EXTRACTED DATA START

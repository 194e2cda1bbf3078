-- ===== src/Assurance/Validator.antt =====
-- factory/assurance_pod/validator.py: the gate on the three reports.
use ai_factory.Base.{
  String, not, Option, none, some, List, [], ◌∷◌, ◌++◌, map, if◌then◌else◌, eqb, ◌==◌, is_nil,
  is_empty, select, contains, is_unique, same_set, length,
}
use ai_factory.Base.Text.{joined}
use Prim.Native.String.{◌++◌ as concat}
use ai_factory.Base.Sorting.{sorted, distinct}
use ai_factory.Base.Result.{Result, ok, err, raise_if, ◌>>=◌, ◌>>◌}
use ai_factory.Assurance.{
  assurance_roles, AssuranceFinding, AssuranceReport, passed, changes_required, AssuranceDecision,
  AssuranceError, mission_required, three_reports_required, mission_mismatch, not_independent,
  duplicate_reviewer, duplicate_report, unknown_criteria, roles_missing, required_not_unique,
  qa_report_required, coverage_ids, validate_report, validate_decision,
}

-- The loop's variables.
pub record Tally : Type 0 where
  pub reviewers : List String
  pub report_ids : List String
  pub blocking : List String
  pub qa_report : Option AssuranceReport

-- The identifiers of a report's blocking findings.
abbrev pub blocking_of : AssuranceReport → List String
blocking_of r =
    map (λ (f : AssuranceFinding). f.finding_id)
      (select (λ (f : AssuranceFinding). f.blocking) r.findings)

-- What a round adds.
abbrev pub counted : AssuranceReport → Tally → Tally
counted r t = record {
  reviewers = t.reviewers ++ r.reviewer_agent ∷ [];
  report_ids = t.report_ids ++ r.report_id ∷ [];
  blocking = t.blocking ++ blocking_of r;
  qa_report = if r.reviewer_agent == "A10-QA" then some r else t.qa_report;
}

-- One round of the loop over the reports.
unfoldable pub count_report :
    String → List String → AssuranceReport → Tally → Result AssuranceError Tally
count_report mission_id implementers r t = do
  validate_report r
  raise_if (not (r.mission_id == mission_id)) mission_mismatch
  raise_if (contains r.reviewer_agent implementers) (not_independent r.reviewer_agent)
  raise_if (contains r.reviewer_agent t.reviewers) (duplicate_reviewer r.reviewer_agent)
  raise_if (contains r.report_id t.report_ids) (duplicate_report r.report_id)
  ok (counted r t)

unfoldable pub count_reports :
    String → List String → List AssuranceReport → Tally → Result AssuranceError Tally
unfolding count_report
count_reports mission_id implementers [] t = ok t
count_reports mission_id implementers (r ∷ rs) t =
    count_report mission_id implementers r t >>= count_reports mission_id implementers rs

abbrev pub empty_tally : Tally
empty_tally = record { reviewers = []; report_ids = []; blocking = []; qa_report = none }

-- The members of the first list that are not in the second.
abbrev pub minus : List String → List String → List String
minus xs ys = select (λ x. not (contains x ys)) xs

-- The gaps in the coverage of the required criteria, as finding identifiers.
unfoldable pub coverage_gaps :
    List String → Option AssuranceReport → Result AssuranceError (List String)
coverage_gaps [] qa = ok []
coverage_gaps (c ∷ cs) none = err qa_report_required
coverage_gaps (c ∷ cs) (some r) =
    let unknown = sorted (minus (coverage_ids r) (c ∷ cs)) in
    if is_nil unknown
    then ok (map (λ x. concat "QA-COVERAGE-" x) (sorted (minus (c ∷ cs) (coverage_ids r))))
    else err (unknown_criteria (joined "," unknown))

-- The decision on what was counted.
abbrev pub decision_of : String → Tally → List String → AssuranceDecision
decision_of mission_id t blocking = record {
  mission_id = mission_id;
  status = if is_nil blocking then passed else changes_required;
  reviewer_agents = sorted t.reviewers;
  blocking_finding_ids = sorted (distinct blocking);
  report_ids = sorted t.report_ids;
}

-- `decide`
unfoldable pub decide :
    String
    → List AssuranceReport
    → List String
    → List String
    → Result AssuranceError AssuranceDecision
unfolding count_reports coverage_gaps validate_decision
decide mission_id reports implementers required = do
  raise_if (is_empty mission_id) mission_required
  raise_if (not (eqb (length reports) 3)) three_reports_required
  t ← count_reports mission_id implementers reports empty_tally
  raise_if (not (same_set t.reviewers assurance_roles)) roles_missing
  raise_if (not (is_unique required)) required_not_unique
  gaps ← coverage_gaps required t.qa_report
  let decision = decision_of mission_id t (t.blocking ++ gaps)
  validate_decision decision
  ok decision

EXTRACTED DATA END

--- WHAT THE EXERCISE ASKS ---
Starting with the line with "unfoldable pub count_reports" above and going on through the line with "count_report mission_id implementers r t >>= count_reports", transcribe every line exactly, both ends included, and add nothing.

--- RESPONSE ---
unfoldable pub count_reports :
    String → List String → List AssuranceReport → Tally → Result AssuranceError Tally
unfolding count_report
count_reports mission_id implementers [] t = ok t
count_reports mission_id implementers (r ∷ rs) t =
    count_report mission_id implementers r t >>= count_reports mission_id implementers rs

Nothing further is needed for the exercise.